This project demonstrates the use of Node.js streams to process large amounts of data efficiently. It includes an example of reading a large text file, transforming its contents, and writing the transformed data to a new file.
Streams in Node.js allow for efficient data processing by handling data in chunks rather than loading the entire data set into memory. This project showcases the benefits of using streams for large file transformations.
- Node.js (v14.x or later)
- npm (v6.x or later)
- Python (for generating test data)
-
Clone the repository:
git clone https://github.com/vitorrios1001/stream-learning.git cd stream-learning -
Install dependencies:
npm install
Before running the example, you need to generate a large text file. You can use the provided Python script to create a 10GB file.
-
Run the Python script:
python3 generator.py
This will create a file named
large-input.txtin the project directory.
Once you have generated the test data, you can run the Node.js script to process the file.
- Run the Node.js script:
node src/index.jsThis script reads the large-input.txt file, converts its contents to uppercase, and writes the transformed data to large-output.txt.
The Node.js script uses the following components:
- Readable Stream: Reads data from the input file in chunks.
- Transform Stream: Converts each chunk of data to uppercase.
- Writable Stream: Writes the transformed data to the output file.
The script also tracks the progress of the transformation, logging updates every 10% and displaying the total time taken at the end.
// src/index.js
const fs = require('fs');
const { Transform } = require('stream');
const { performance } = require('perf_hooks');
// Caminho para o arquivo de entrada e saída
const inputFile = 'large-input.txt';
const outputFile = 'large-output.txt';
// Cria um Readable Stream a partir do arquivo de entrada
const readableStream = fs.createReadStream(inputFile, { encoding: 'utf8' });
// Cria um Writable Stream para o arquivo de saída
const writableStream = fs.createWriteStream(outputFile);
// Variáveis para rastreamento de progresso
let totalSize = 0;
let processedSize = 0;
let lastLoggedProgress = 0;
const startTime = performance.now();
let processedLines = 0;
fs.stat(inputFile, (err, stats) => {
if (err) {
console.error('Erro ao obter informações do arquivo:', err);
return;
}
totalSize = stats.size;
// Pipe o Readable Stream para o Transform Stream e depois para o Writable Stream
readableStream
.pipe(
new Transform({
transform(chunk, encoding, callback) {
processedSize += chunk.length;
processedLines += chunk.toString().split('\n').length - 1;
// Converte o chunk de dados para letras maiúsculas
const upperCaseChunk = chunk.toString().toUpperCase();
// Chama o callback com o chunk transformado
callback(null, upperCaseChunk);
// Log de progresso
const progress = (processedSize / totalSize) * 100;
if (progress >= lastLoggedProgress + 10) {
console.log(
`Progresso: ${Math.floor(progress)}%, Linhas processadas: ${processedLines}`
);
lastLoggedProgress = Math.floor(progress);
}
},
})
)
.pipe(writableStream)
.on('finish', () => {
const endTime = performance.now();
const timeTaken = ((endTime - startTime) / 1000).toFixed(2);
console.log('Transformação completa e arquivo salvo.');
console.log(`Total de linhas processadas: ${processedLines}`);
console.log(`Tempo total: ${timeTaken} segundos`);
})
.on('error', (err) => {
console.error('Erro durante a transformação:', err);
});
});- Memory Efficiency: Streams process data in chunks, which avoids loading the entire file into memory.

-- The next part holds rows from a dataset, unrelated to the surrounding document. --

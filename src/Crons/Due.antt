-- ===== src/Crons/Due.antt =====
-- Which jobs a claim hands out: those that are due, the earliest ones first where there are more than the limit.
use lazypock.Base.{
  ℕ, zero, suc, Bool, true, false, not, ◌&&◌, [], ◌∷◌, Option, none, some, ◌≡◌, ◌≤◌, ◌⊎◌, refl, sym,
  ap, subst, arith, length, take, retain, All, Bool-cases, inl, inr,
}
use lazypock.Base.Text.{Text}
use lazypock.Crons.{
  Job, Table, by_next_run, claim_due, due_jobs, has_arrived, insert_job, is_due, runs_before,
}

abbrev pub Holds : Job → Table → Type 0
Holds j [] = ⊥
Holds j (k ∷ t) = (j ≡ k) ⊎ Holds j t

-- The job is enabled, no other transaction has it locked, and its time has come.
abbrev pub IsDue : (Text → Bool) → ℕ → Job → Type 0
IsDue locked now j =
    (j.enabled ≡ true)
    × ((locked j.id ≡ false) × ((at : ℕ) × ((j.next_run_at ≡ some at) × (at ≤ now))))

-- No time comes behind all others.
abbrev pub NoLater : Option ℕ → Option ℕ → Type 0
NoLater o none = Unit
NoLater none (some at) = ⊥
NoLater (some s) (some at) = s ≤ at

-- The jobs stand in the order of their times.
abbrev Sorted : Table → Type 0
Sorted [] = Unit
Sorted (j ∷ t) = All (λ k. NoLater j.next_run_at k.next_run_at) t × Sorted t

arrived :
    (now : ℕ) (o : Option ℕ) → has_arrived now o ≡ true → (at : ℕ) × ((o ≡ some at) × (at ≤ now))
arrived now none h = cc
arrived now (some at) h = (at, (refl, ground (arith, h)))

has_arrived-at :
    (now : ℕ) (o : Option ℕ) (at : ℕ) → o ≡ some at → at ≤ now → has_arrived now o ≡ true
has_arrived-at now none at e h = cc
has_arrived-at now (some s) at e h = let same : s ≡ at = cc in rw same (ground (arith, h))

due_parts : (a b c : Bool) → (a && (b && not c)) ≡ true → (a ≡ true) × ((c ≡ false) × (b ≡ true))
due_parts true true false h = (refl, (refl, refl))
due_parts true true true h = cc
due_parts true false c h = cc
due_parts false b c h = cc

IsDue-of :
    (locked : Text → Bool) (now : ℕ) (j : Job) → is_due locked now j ≡ true → IsDue locked now j
unfolding is_due
IsDue-of locked now j h =
    let parts = due_parts j.enabled (has_arrived now j.next_run_at) (locked j.id) h in
    (parts.0, (parts.1.0, arrived now j.next_run_at parts.1.1))

is_due-of :
    (locked : Text → Bool) (now : ℕ) (j : Job) → IsDue locked now j → is_due locked now j ≡ true
unfolding is_due
is_due-of locked now j (on, (free, (at, (e, early)))) =
    rw (on, free, has_arrived-at now j.next_run_at at e early) refl

NoLater-trans : (a b c : Option ℕ) → NoLater a b → NoLater b c → NoLater a c
NoLater-trans a b none h k = tt
NoLater-trans a none (some at) h k = absurd k
NoLater-trans none (some s) (some at) h k = absurd h
NoLater-trans (some r) (some s) (some at) h k = omega (arith, h, k)

runs_before-NoLater : (a b : Option ℕ) → runs_before a b ≡ true → NoLater a b
runs_before-NoLater a none h = tt
runs_before-NoLater none (some at) h = cc
runs_before-NoLater (some s) (some at) h = ground (arith, h)

runs_behind-NoLater : (a b : Option ℕ) → runs_before a b ≡ false → NoLater b a
runs_behind-NoLater none b h = tt
runs_behind-NoLater (some s) none h = cc
runs_behind-NoLater (some s) (some at) h = ground (arith, h)

All-map : (P Q : Job → Type 0) (t : Table) → ((j : Job) → P j → Q j) → All P t → All Q t
All-map P Q [] k h = tt
All-map P Q (j ∷ t) k h = (k j h.0, All-map P Q t k h.1)

All-Holds : (P : Job → Type 0) (j : Job) (t : Table) → All P t → Holds j t → P j
All-Holds P j [] h k = absurd k
All-Holds P j (i ∷ t) h (inl same) = subst P (sym same) h.0
All-Holds P j (i ∷ t) h (inr later) = All-Holds P j t h.1 later

All-insert_job : (P : Job → Type 0) (j : Job) (t : Table) → P j → All P t → All P (insert_job j t)
unfolding insert_job
All-insert_job P j [] p h = (p, tt)
All-insert_job P j (k ∷ t) p h = elim (Bool-cases (runs_before j.next_run_at k.next_run_at)) [
  | inl e ↦ rw e (p, h)
  | inr e ↦ rw e (h.0, All-insert_job P j t p h.1)
]

All-by_next_run : (P : Job → Type 0) (t : Table) → All P t → All P (by_next_run t)
unfolding by_next_run
All-by_next_run P [] h = tt
All-by_next_run P (j ∷ t) h = All-insert_job P j (by_next_run t) h.0 (All-by_next_run P t h.1)

All-take : (P : Job → Type 0) (n : ℕ) (t : Table) → All P t → All P (take n t)
All-take P zero t h = tt
All-take P (suc n) [] h = tt
All-take P (suc n) (j ∷ t) h = (h.0, All-take P n t h.1)

insert_job-Sorted : (j : Job) (t : Table) → Sorted t → Sorted (insert_job j t)
unfolding insert_job
insert_job-Sorted j [] h = (tt, tt)
insert_job-Sorted j (k ∷ t) h = elim (Bool-cases (runs_before j.next_run_at k.next_run_at)) [
  | inl e ↦
      let first = runs_before-NoLater j.next_run_at k.next_run_at e in
      rw e (
        (
          first,
          All-map _ _ t (λ i. NoLater-trans j.next_run_at k.next_run_at i.next_run_at first) h.0,
        ),
        h,
      )
  | inr e ↦ rw e (
    All-insert_job _ j t (runs_behind-NoLater j.next_run_at k.next_run_at e) h.0,
    insert_job-Sorted j t h.1,
  )
]

by_next_run-Sorted : (t : Table) → Sorted (by_next_run t)
unfolding by_next_run
by_next_run-Sorted [] = tt
by_next_run-Sorted (j ∷ t) = insert_job-Sorted j (by_next_run t) (by_next_run-Sorted t)

insert_job-Holds : (i j : Job) (t : Table) → (i ≡ j) ⊎ Holds i t → Holds i (insert_job j t)
unfolding insert_job
insert_job-Holds i j [] h = h
insert_job-Holds i j (k ∷ t) h = elim (Bool-cases (runs_before j.next_run_at k.next_run_at)) [
  | inl e ↦ rw e h
  | inr e ↦ rw e (elim h [
    | inl same ↦ inr (insert_job-Holds i j t (inl same))
    | inr there ↦ elim there [
      | inl first ↦ inl first
      | inr later ↦ inr (insert_job-Holds i j t (inr later))
    ]
  ])
]

by_next_run-Holds : (i : Job) (t : Table) → Holds i t → Holds i (by_next_run t)
unfolding by_next_run
by_next_run-Holds i [] h = absurd h
by_next_run-Holds i (j ∷ t) (inl same) = insert_job-Holds i j (by_next_run t) (inl same)
by_next_run-Holds i (j ∷ t) (inr later) =
    insert_job-Holds i j (by_next_run t) (inr (by_next_run-Holds i t later))

retain-Holds :
    (p : Job → Bool) (i : Job) (t : Table) → Holds i t → p i ≡ true → Holds i (retain p t)
retain-Holds p i [] h k = absurd h
retain-Holds p i (j ∷ t) (inl same) k = let kept : p j ≡ true = rw (← same) k in rw kept (inl same)
retain-Holds p i (j ∷ t) (inr later) k = elim (Bool-cases (p j)) [
  | inl e ↦ rw e (inr (retain-Holds p i t later k))
  | inr e ↦ rw e (retain-Holds p i t later k)
]

-- What is retained is of the table and due.
retain-Due :
    (locked : Text → Bool) (now : ℕ) (whole t : Table)
    → ((j : Job) → Holds j t → Holds j whole)
    → All (λ j. Holds j whole × IsDue locked now j) (retain (is_due locked now) t)
retain-Due locked now whole [] h = tt
retain-Due locked now whole (j ∷ t) h = elim (Bool-cases (is_due locked now j)) [
  | inl e ↦ rw e (
    (h j (inl refl), IsDue-of locked now j e),
    retain-Due locked now whole t (λ i k. h i (inr k)),
  )
  | inr e ↦ rw e (retain-Due locked now whole t (λ i k. h i (inr k)))
]

-- Of a table in order, the first few hold a job, or are as many as they may be and none later than it.
take-Sorted :
    (n : ℕ) (j : Job) (t : Table)
    → Sorted t
    → Holds j t
    → Holds j (take n t)
      ⊎ ((length (take n t) ≡ n) × All (λ k. NoLater k.next_run_at j.next_run_at) (take n t))
take-Sorted n j [] s h = absurd h
take-Sorted zero j (k ∷ t) s h = inr (refl, tt)
take-Sorted (suc n) j (k ∷ t) s (inl same) = inl (inl same)
take-Sorted (suc n) j (k ∷ t) s (inr later) = elim (take-Sorted n j t s.1 later) [
  | inl taken ↦ inl (inr taken)
  | inr full ↦ inr (
    ap (λ m. suc m) full.0,
    (All-Holds (λ i. NoLater k.next_run_at i.next_run_at) j t s.0 later, full.1),
  )
]

-- Every job that is claimed is of the table, enabled, not locked by another transaction, and its
-- time has come. A job of the table that is all this is claimed, unless as many jobs as the limit
-- are, of which none has a later time.
pub claim_due-ready :
    (Cron Tz : Type 0) (read_cron : Text → Option Cron) (read_timezone : Text → Option Tz)
    (find_next : Cron → Tz → ℕ → Option ℕ) (locked : Text → Bool) (limit now : ℕ) (t : Table)
    (j : Job)
    → Holds j t
    → All
        (λ k. Holds k t × IsDue locked now k)
        (claim_due Cron Tz read_cron read_timezone find_next locked limit now t).1
      × ((¬ IsDue locked now j)
          ⊎ (Holds j (claim_due Cron Tz read_cron read_timezone find_next locked limit now t).1
              ⊎ ((length (claim_due Cron Tz read_cron read_timezone find_next locked limit now t).1
                    ≡ limit)
                  × All
                      (λ k. NoLater k.next_run_at j.next_run_at)
                      (claim_due Cron Tz read_cron read_timezone find_next locked limit now t).1)))
unfolding claim_due due_jobs
claim_due-ready Cron Tz read_cron read_timezone find_next locked limit now t j h =
    let due = retain (is_due locked now) t in
    (
      All-take _ limit (by_next_run due)
          (All-by_next_run _ due (retain-Due locked now t t (λ i k. k))),
      elim (Bool-cases (is_due locked now j)) [
        | inl e ↦ inr (
            take-Sorted limit j (by_next_run due) (by_next_run-Sorted due)
              (by_next_run-Holds j due (retain-Holds (is_due locked now) j t h e)))
        | inr e ↦ inl (λ d. let on = is_due-of locked now j d in cc)
      ],
    )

This is crucial for large files, preventing memory overflow and improving performance.
- Real-Time Data Processing: Streams allow continuous data processing, starting to process the first chunks of data while still receiving the next ones. This reduces the total processing time.
- Maintaining Responsiveness: By not blocking the Node.js Event Loop, streams help keep the application responsive even during intensive I/O operations.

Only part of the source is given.